Energy Efficiency Directive
The Energy Efficiency Directive will be revised to set a more ambitious binding annual target to reduce energy use at EU-level. It will guide how national contributions are established and almost double the annual energy saving obligation for Member States. The public sector will be required to renovate 3% of its buildings each year.
Road transportation
A combination of measures is required to tackle rising emissions in road transport, to complement emissions trading. More ambitious CO2 emissions standards for cars and vans are proposed to accelerate the transition to zero-emission mobility, by requiring average emissions levels of new cars to decrease by 55% from 2030 and 100% from 2035, compared to 2021 levels. As a result, all new cars registered as of 2035 will be zero-emission. To ensure that drivers are able to charge or fuel their vehicles at a reliable network across Europe, the revised Alternative Fuels Infrastructure Regulation will require Member States to expand charging capacity in line with zero-emission car sales, and to install charging and fueling points at regular intervals on major highways: every 60 kilometers for electric charging and every 150 kilometers for hydrogen refueling.
Aviation and shipping
The Alternative Fuels Infrastructure Regulation requires that aircrafts and ships have access to clean electricity supply in major ports and airports. The ReFuelEU Aviation Initiative will oblige fuel suppliers to blend increasing levels of sustainable aviation fuels in jet fuel taken on-board at EU airports, including synthetic low carbon fuels, known as e-fuels. Similarly, the FuelEU Maritime Initiative will stimulate the uptake of sustainable maritime fuels and zero-emission technologies by setting a maximum limit on the greenhouse gas content of energy used by ships calling at European ports.
Energy Taxation Directive
A revision of the Energy Taxation Directive proposes to align the taxation of energy products with EU energy and climate policies, promoting clean technologies and removing outdated exemptions and reduced rates that currently encourage the use of fossil fuels. The new rules aim at reducing the harmful effects of energy tax competition, helping secure revenues for Member States from green taxes, which are less detrimental to growth than taxes on labour. From January 2023, energy taxation should be based on the energy content of the energy products and electricity, and their environmental performance (EU Commission, 2021. Proposal for a Council Directive restructuring the Union framework for the taxation of energy products and electricity (recast) COM/2021/563 final).
Social Climate Fund
A new Social Climate Fund is proposed to provide dedicated funding to Member States to help citizens finance investments in energy efficiency, new heating and cooling systems, and cleaner mobility.

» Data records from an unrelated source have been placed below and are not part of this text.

-- ===== src/Cases/Backfill.antt =====
-- `backfillCases` of backend/src/modules/cases/cases.service.js: a case for every flagged transaction
-- that has none.
pub mod Inserted
pub mod Once
use transactguard.Prelude.{
  ℕ, suc, Bool, true, false, not, ◌&&◌, Option, none, some, List, [], ◌∷◌, ◌==◌, length, take,
  Table, matches,
}
use transactguard.Schema.{
  Database, World, Transaction, Prediction, Case, under_review, RiskLevel, clear, suspicious,
  critical,
}
use transactguard.Predictions.{is_live}

-- `FLAGGED`
abbrev pub is_flagged : RiskLevel → Bool
is_flagged clear = false
is_flagged suspicious = true
is_flagged critical = true

abbrev pub is_empty : List ℕ → Bool
is_empty [] = true
is_empty (x ∷ xs) = false

-- A row that `createMany` inserts: the database gives it its key and its time.
unfoldable pub new_case : ℕ → ℕ → ℕ → Case
new_case key transaction_id now = record {
  id = key;
  transaction_id = transaction_id;
  status = under_review;
  notes = none;
  resolved_at = none;
  created_at = now;
  assigned_to_id = none;
}

pub record Backfilled : Type 0 where
  pub created : ℕ
  pub remaining : ℕ

module _ (D : Database) where
  -- `cases: { none: {} }`
  unfoldable pub has_no_case : D.cases.State → ℕ → Bool
  has_no_case s id = is_empty (D.cases.find_ids (λ k c. c.transaction_id == id) s)

  -- `prediction: { riskLevel: { in: FLAGGED } }`
  unfoldable pub flagged : World D → ℕ → Bool
  flagged w id = matches (λ k p. is_flagged p.risk_level) id (D.predictions.find id w.predictions)

  unfoldable pub missing_case : World D → ℕ → Transaction → Bool
  unfolding has_no_case flagged
  missing_case w id t = is_live t && has_no_case w.cases id && flagged w id

  -- The transactions without a case, in the database's order.
  unfoldable pub missing : World D → List ℕ
  missing w = D.transactions.find_ids (missing_case w) w.transactions

  -- `createMany`. Nothing but its key is unique about a case, and the keys, `fresh k` and the ones
  -- after it, are new: `skipDuplicates` has nothing to skip.
  unfoldable pub create_many : (ℕ → ℕ) → ℕ → ℕ → List ℕ → D.cases.State → D.cases.State
  create_many fresh k now [] s = s
  create_many fresh k now (id ∷ ids) s =
      create_many fresh (suc k) now ids (D.cases.put (fresh k) (new_case (fresh k) id now) s)

  created_for : (ℕ → ℕ) → ℕ → List ℕ → World D → Backfilled × World D
  unfolding create_many missing
  created_for fresh now [] w = (record { created = 0; remaining = 0 }, w)
  created_for fresh now (id ∷ ids) w =
      let w' = record w { cases = create_many fresh 0 now (id ∷ ids) w.cases } in
      (record { created = length (id ∷ ids); remaining = length (missing w') }, w')

  unfoldable pub backfill_cases : ℕ → (ℕ → ℕ) → ℕ → World D → Backfilled × World D
  unfolding created_for missing
  backfill_cases limit fresh now w = created_for fresh now (take limit (missing w)) w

The Social Climate Fund would be financed by the EU budget, using an amount equivalent to 25% of the expected revenues of emissions trading for building and road transport fuels. It is estimated to provide €72 billion of funding to Member States, for the period 2025–2032, based on a targeted amendment to the multiannual financial framework. With a proposal to draw on matching Member State funding, the Fund would mobilise €144.4 billion for a socially fair transition.